**RECORDS SUPPLIED:**

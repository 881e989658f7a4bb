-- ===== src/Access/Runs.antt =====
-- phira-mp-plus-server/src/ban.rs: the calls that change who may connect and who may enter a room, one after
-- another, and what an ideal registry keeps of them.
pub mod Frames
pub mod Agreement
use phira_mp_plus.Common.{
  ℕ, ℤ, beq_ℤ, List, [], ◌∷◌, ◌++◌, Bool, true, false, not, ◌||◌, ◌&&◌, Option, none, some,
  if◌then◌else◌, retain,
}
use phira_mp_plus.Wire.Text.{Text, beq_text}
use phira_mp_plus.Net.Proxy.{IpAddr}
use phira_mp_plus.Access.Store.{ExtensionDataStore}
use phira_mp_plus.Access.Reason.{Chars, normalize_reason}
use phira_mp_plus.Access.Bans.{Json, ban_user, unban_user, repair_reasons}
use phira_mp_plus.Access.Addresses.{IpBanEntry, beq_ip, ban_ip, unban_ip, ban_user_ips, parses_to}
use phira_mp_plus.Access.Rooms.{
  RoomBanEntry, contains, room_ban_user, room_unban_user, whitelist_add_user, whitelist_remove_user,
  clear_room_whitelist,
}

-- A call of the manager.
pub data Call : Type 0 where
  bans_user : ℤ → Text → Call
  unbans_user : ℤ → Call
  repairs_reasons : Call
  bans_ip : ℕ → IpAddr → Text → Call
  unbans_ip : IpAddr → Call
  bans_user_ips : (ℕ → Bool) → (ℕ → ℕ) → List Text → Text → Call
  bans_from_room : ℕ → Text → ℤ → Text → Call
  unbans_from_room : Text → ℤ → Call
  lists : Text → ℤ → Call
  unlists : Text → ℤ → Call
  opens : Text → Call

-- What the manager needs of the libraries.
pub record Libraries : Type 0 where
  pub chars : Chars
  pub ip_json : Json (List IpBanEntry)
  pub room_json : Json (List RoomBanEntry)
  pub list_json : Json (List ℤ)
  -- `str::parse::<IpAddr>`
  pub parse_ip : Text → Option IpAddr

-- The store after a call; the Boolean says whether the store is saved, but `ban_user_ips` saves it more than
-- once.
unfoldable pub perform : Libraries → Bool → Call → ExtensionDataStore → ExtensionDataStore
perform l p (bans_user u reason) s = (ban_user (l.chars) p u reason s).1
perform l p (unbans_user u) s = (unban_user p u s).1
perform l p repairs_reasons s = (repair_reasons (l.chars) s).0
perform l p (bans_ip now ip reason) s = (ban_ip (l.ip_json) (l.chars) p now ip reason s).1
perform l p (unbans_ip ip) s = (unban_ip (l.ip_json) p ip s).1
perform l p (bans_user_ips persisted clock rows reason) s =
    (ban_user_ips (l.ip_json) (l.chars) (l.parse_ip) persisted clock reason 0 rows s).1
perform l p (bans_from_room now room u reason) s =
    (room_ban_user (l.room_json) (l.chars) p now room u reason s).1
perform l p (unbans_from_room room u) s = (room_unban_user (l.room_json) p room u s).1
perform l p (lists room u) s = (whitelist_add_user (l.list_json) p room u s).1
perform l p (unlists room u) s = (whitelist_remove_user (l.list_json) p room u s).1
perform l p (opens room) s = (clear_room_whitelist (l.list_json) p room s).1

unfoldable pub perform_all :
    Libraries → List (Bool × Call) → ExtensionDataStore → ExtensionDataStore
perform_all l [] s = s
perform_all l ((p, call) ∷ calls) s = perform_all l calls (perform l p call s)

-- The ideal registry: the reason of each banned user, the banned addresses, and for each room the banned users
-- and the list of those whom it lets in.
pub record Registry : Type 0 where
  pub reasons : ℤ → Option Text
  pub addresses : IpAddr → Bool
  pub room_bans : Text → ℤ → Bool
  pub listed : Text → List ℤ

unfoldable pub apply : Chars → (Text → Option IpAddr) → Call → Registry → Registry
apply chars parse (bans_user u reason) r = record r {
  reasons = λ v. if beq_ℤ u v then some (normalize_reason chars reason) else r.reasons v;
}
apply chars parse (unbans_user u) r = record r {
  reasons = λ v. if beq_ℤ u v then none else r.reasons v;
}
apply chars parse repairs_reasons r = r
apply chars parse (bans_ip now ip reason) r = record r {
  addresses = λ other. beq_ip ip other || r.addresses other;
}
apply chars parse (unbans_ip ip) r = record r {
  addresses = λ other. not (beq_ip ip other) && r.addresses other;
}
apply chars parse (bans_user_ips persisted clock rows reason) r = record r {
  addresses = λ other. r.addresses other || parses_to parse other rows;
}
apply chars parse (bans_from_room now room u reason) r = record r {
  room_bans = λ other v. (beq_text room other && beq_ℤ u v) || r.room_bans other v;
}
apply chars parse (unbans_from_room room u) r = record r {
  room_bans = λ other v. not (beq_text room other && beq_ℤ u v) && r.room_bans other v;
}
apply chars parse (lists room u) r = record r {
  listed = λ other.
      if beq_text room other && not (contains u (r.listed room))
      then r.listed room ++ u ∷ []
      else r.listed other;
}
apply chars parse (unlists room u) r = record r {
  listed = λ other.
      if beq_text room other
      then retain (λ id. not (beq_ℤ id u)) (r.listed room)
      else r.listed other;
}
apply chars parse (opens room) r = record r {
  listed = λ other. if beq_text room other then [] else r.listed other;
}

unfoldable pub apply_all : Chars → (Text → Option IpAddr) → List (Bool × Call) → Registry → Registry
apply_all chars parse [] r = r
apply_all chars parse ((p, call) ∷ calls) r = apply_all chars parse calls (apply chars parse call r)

**TRY IT:** Copy, exactly and with nothing added, the lines from the one containing "apply chars parse (bans_ip" through the end of the records.

**RESPONSE AREA:**
apply chars parse (bans_ip now ip reason) r = record r {
  addresses = λ other. beq_ip ip other || r.addresses other;
}
apply chars parse (unbans_ip ip) r = record r {
  addresses = λ other. not (beq_ip ip other) && r.addresses other;
}
apply chars parse (bans_user_ips persisted clock rows reason) r = record r {
  addresses = λ other. r.addresses other || parses_to parse other rows;
}
apply chars parse (bans_from_room now room u reason) r = record r {
  room_bans = λ other v. (beq_text room other && beq_ℤ u v) || r.room_bans other v;
}
apply chars parse (unbans_from_room room u) r = record r {
  room_bans = λ other v. not (beq_text room other && beq_ℤ u v) && r.room_bans other v;
}
apply chars parse (lists room u) r = record r {
  listed = λ other.
      if beq_text room other && not (contains u (r.listed room))
      then r.listed room ++ u ∷ []
      else r.listed other;
}
apply chars parse (unlists room u) r = record r {
  listed = λ other.
      if beq_text room other
      then retain (λ id. not (beq_ℤ id u)) (r.listed room)
      else r.listed other;
}
apply chars parse (opens room) r = record r {
  listed = λ other. if beq_text room other then [] else r.listed other;
}

unfoldable pub apply_all : Chars → (Text → Option IpAddr) → List (Bool × Call) → Registry → Registry
apply_all chars parse [] r = r
apply_all chars parse ((p, call) ∷ calls) r = apply_all chars parse calls (apply chars parse call r)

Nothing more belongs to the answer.